■ ASSIGNMENT ■
Pick out all lines of the entries that include the word "refl" and copy them.

■ MATERIALS PROVIDED ■
-- ===== src/Merge/Bitset/Bits.antt =====
-- Single bits: what `set_bit` and `clear_bit` do to each bit of the bitset, and to its bytes.
use ex_rocket.Prelude.{
  ℕ, zero, suc, ◌+◌, ◌-◌, ◌/◌, ◌%◌, ◌≤◌, ◌<◌, ◌≡◌, refl, ap, ◌∙◌, Bool, ◌&&◌, ◌||◌, not, inl, inr,
  [], ◌∷◌, ◌++◌, All-append, length, get_or, set, replicate, length-append, length-replicate,
  take_all, arith, ltb, leb, ltb→lt, ◌==◌, Bool-cases, if◌then◌else◌,
}
use ex_rocket.Text.Utf8.{Bytes}
use ex_rocket.Merge.Bitset.Byte.{IsByte, IsBytes, bit, laws, and_not_mask_zero}
use ex_rocket.Merge.Bitset.{or_mask, and_not_mask, resize, grown, set_bit, clear_bit}

-- Bit `pos` of a bitset; the bits behind the last byte are 0.
unfoldable pub test_bit : Bytes → ℕ → Bool
unfolding bit
test_bit bitset pos = bit (pos % 8) (get_or bitset (pos / 8) 0)

module _ (d : ℕ) where
  pub get_or-set :
      (xs : Bytes) (i j v : ℕ)
      → i < length xs
      → get_or (set xs i v) j d ≡ (if i == j then v else get_or xs j d)
  get_or-set [] i j v h = absurd (omega arith)
  get_or-set (x ∷ xs) zero zero v h = refl
  get_or-set (x ∷ xs) zero (suc j) v h = ground arith
  get_or-set (x ∷ xs) (suc i) zero v h = ground arith
  get_or-set (x ∷ xs) (suc i) (suc j) v h = ground (arith, get_or-set xs i j v)

pub get_or-replicate : (n j : ℕ) → get_or {A = ℕ} (replicate n 0) j 0 ≡ 0
get_or-replicate zero j = refl
get_or-replicate (suc n) zero = refl
get_or-replicate (suc n) (suc j) = get_or-replicate n j

-- Zero bytes behind the end change no bit.
get_or-zeros : (xs : Bytes) (n j : ℕ) → get_or (xs ++ replicate n 0) j 0 ≡ get_or xs j 0
get_or-zeros [] n j = get_or-replicate n j
get_or-zeros (x ∷ xs) n zero = refl
get_or-zeros (x ∷ xs) n (suc j) = get_or-zeros xs n j

pub resize_grow :
    (n : ℕ) (xs : Bytes) → length xs ≤ n → resize n xs ≡ xs ++ replicate (n - length xs) 0
resize_grow n xs h = ap (λ (ys : Bytes). ys ++ replicate (n - length xs) 0) (take_all n xs h)

get_or-grown : (xs : Bytes) (i j : ℕ) → get_or (grown xs i) j 0 ≡ get_or xs j 0
unfolding grown
get_or-grown xs i j = elim (Bool-cases (leb (length xs) i)) [
  | inl e ↦ rw (e, resize_grow (i + 1) xs (ground arith)) (get_or-zeros xs (i + 1 - length xs) j)
  | inr e ↦ rw e
]

length-grown : (xs : Bytes) (i : ℕ) → i < length (grown xs i)
unfolding grown
length-grown xs i = elim (Bool-cases (leb (length xs) i)) [
  | inl e ↦
      rw (e, resize_grow (i + 1) xs (ground arith))
        (omega (
          arith,
          length-append xs (replicate (i + 1 - length xs) 0),
          length-replicate (i + 1 - length xs) (zero),
        ))
  | inr e ↦ rw e (ground arith)
]

get_or_end : (xs : Bytes) (i : ℕ) → length xs ≤ i → get_or xs i 0 ≡ 0
get_or_end [] i h = refl
get_or_end (x ∷ xs) zero h = absurd (omega arith)
get_or_end (x ∷ xs) (suc i) h = get_or_end xs i (omega arith)

get_or-IsByte : (xs : Bytes) (i : ℕ) → IsBytes xs → IsByte (get_or xs i 0)
get_or-IsByte [] i h = omega arith
get_or-IsByte (x ∷ xs) zero h = h.0
get_or-IsByte (x ∷ xs) (suc i) h = get_or-IsByte xs i h.1

-- Positions are equal when their bytes and their bits are.
same_position : (pos j : ℕ) → (pos == j) ≡ (pos / 8 == j / 8 && pos % 8 == j % 8)
same_position pos j = ground arith

get_or-set_bit :
    (xs : Bytes) (pos j : ℕ)
    → get_or (set_bit xs pos) j 0
      ≡ (if pos / 8 == j then or_mask (get_or xs (pos / 8) 0) (pos % 8) else get_or xs j 0)
unfolding set_bit
get_or-set_bit xs pos j =
    get_or-set 0 (grown xs (pos / 8)) (pos / 8) j _ (length-grown xs (pos / 8))
    ∙ rw (get_or-grown xs (pos / 8) (pos / 8), get_or-grown xs (pos / 8) j) refl

get_or-clear_bit :
    (xs : Bytes) (pos j : ℕ)
    → IsBytes xs
    → get_or (clear_bit xs pos) j 0
      ≡ (if pos / 8 == j then and_not_mask (get_or xs (pos / 8) 0) (pos % 8) else get_or xs j 0)
unfolding clear_bit
get_or-clear_bit xs pos j h = elim (Bool-cases (ltb (pos / 8) (length xs))) [
  | inl e ↦ rw e (get_or-set 0 xs (pos / 8) j _ (ltb→lt _ _ e))
  | inr e ↦ rw e (
      ground (
        arith,
        get_or_end xs (pos / 8),
        get_or_end xs j,
        and_not_mask_zero (pos % 8),
        ap (λ (b : ℕ). and_not_mask b (pos % 8)) (get_or_end xs (pos / 8) (ground arith)),
      ))
]

module _ (xs : Bytes) (pos j : ℕ) (h : IsBytes xs) where
  -- `set_bit` sets bit `pos` and no other.
  pub test_bit-set_bit : test_bit (set_bit xs pos) j ≡ (pos == j || test_bit xs j)
  unfolding test_bit
  test_bit-set_bit =
      let (p, q, r, t) =
        laws (get_or xs (j / 8) 0) (pos % 8) (j % 8) (get_or-IsByte xs (j / 8) h) (omega arith)
          (omega arith) in
      ground (arith, get_or-set_bit xs pos (j / 8), same_position pos j)

  -- `clear_bit` clears bit `pos` and no other.
  pub test_bit-clear_bit : test_bit (clear_bit xs pos) j ≡ (not (pos == j) && test_bit xs j)
  unfolding test_bit
  test_bit-clear_bit =
      let (p, q, r, t) =
        laws (get_or xs (j / 8) 0) (pos % 8) (j % 8) (get_or-IsByte xs (j / 8) h) (omega arith)
          (omega arith) in
      ground (arith, get_or-clear_bit xs pos (j / 8), same_position pos j)

IsBytes-set : (xs : Bytes) (i v : ℕ) → IsByte v → IsBytes xs → IsBytes (set xs i v)
IsBytes-set [] i v hv h = tt
IsBytes-set (x ∷ xs) zero v hv h = (hv, h.1)
IsBytes-set (x ∷ xs) (suc i) v hv h = (h.0, IsBytes-set xs i v hv h.1)

IsBytes-replicate : (n : ℕ) → IsBytes (replicate n 0)
IsBytes-replicate zero = tt
IsBytes-replicate (suc n) = (omega arith, IsBytes-replicate n)

IsBytes-grown : (xs : Bytes) (i : ℕ) → IsBytes xs → IsBytes (grown xs i)
unfolding grown
IsBytes-grown xs i h = elim (Bool-cases (leb (length xs) i)) [
  | inl e ↦
      rw (e, resize_grow (i + 1) xs (ground arith))
        (All-append IsByte xs _ h (IsBytes-replicate (i + 1 - length xs)))
  | inr e ↦ rw e h
]

pub set_bit-IsBytes : (xs : Bytes) (pos : ℕ) → IsBytes xs → IsBytes (set_bit xs pos)
unfolding set_bit
set_bit-IsBytes xs pos h =
    let g = IsBytes-grown xs (pos / 8) h in
    IsBytes-set (grown xs (pos / 8)) (pos / 8) _
      (laws (get_or (grown xs (pos / 8)) (pos / 8) 0) (pos % 8) 0
        (get_or-IsByte (grown xs (pos / 8)) (pos / 8) g) (omega arith) (omega arith)).0
      g

pub clear_bit-IsBytes : (xs : Bytes) (pos : ℕ) → IsBytes xs → IsBytes (clear_bit xs pos)
unfolding clear_bit
clear_bit-IsBytes xs pos h = elim (Bool-cases (ltb (pos / 8) (length xs))) [
  | inl e ↦ rw e (
      IsBytes-set xs (pos / 8) _
        (laws (get_or xs (pos / 8) 0) (pos % 8) 0 (get_or-IsByte xs (pos / 8) h) (omega arith)
          (omega arith)).1
        h)
  | inr e ↦ rw e h
]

■ SOLUTION ■
  ℕ, zero, suc, ◌+◌, ◌-◌, ◌/◌, ◌%◌, ◌≤◌, ◌<◌, ◌≡◌, refl, ap, ◌∙◌, Bool, ◌&&◌, ◌||◌, not, inl, inr,
  get_or-set (x ∷ xs) zero zero v h = refl
get_or-replicate zero j = refl
get_or-replicate (suc n) zero = refl
get_or-zeros (x ∷ xs) n zero = refl
get_or_end [] i h = refl
    ∙ rw (get_or-grown xs (pos / 8) (pos / 8), get_or-grown xs (pos / 8) j) refl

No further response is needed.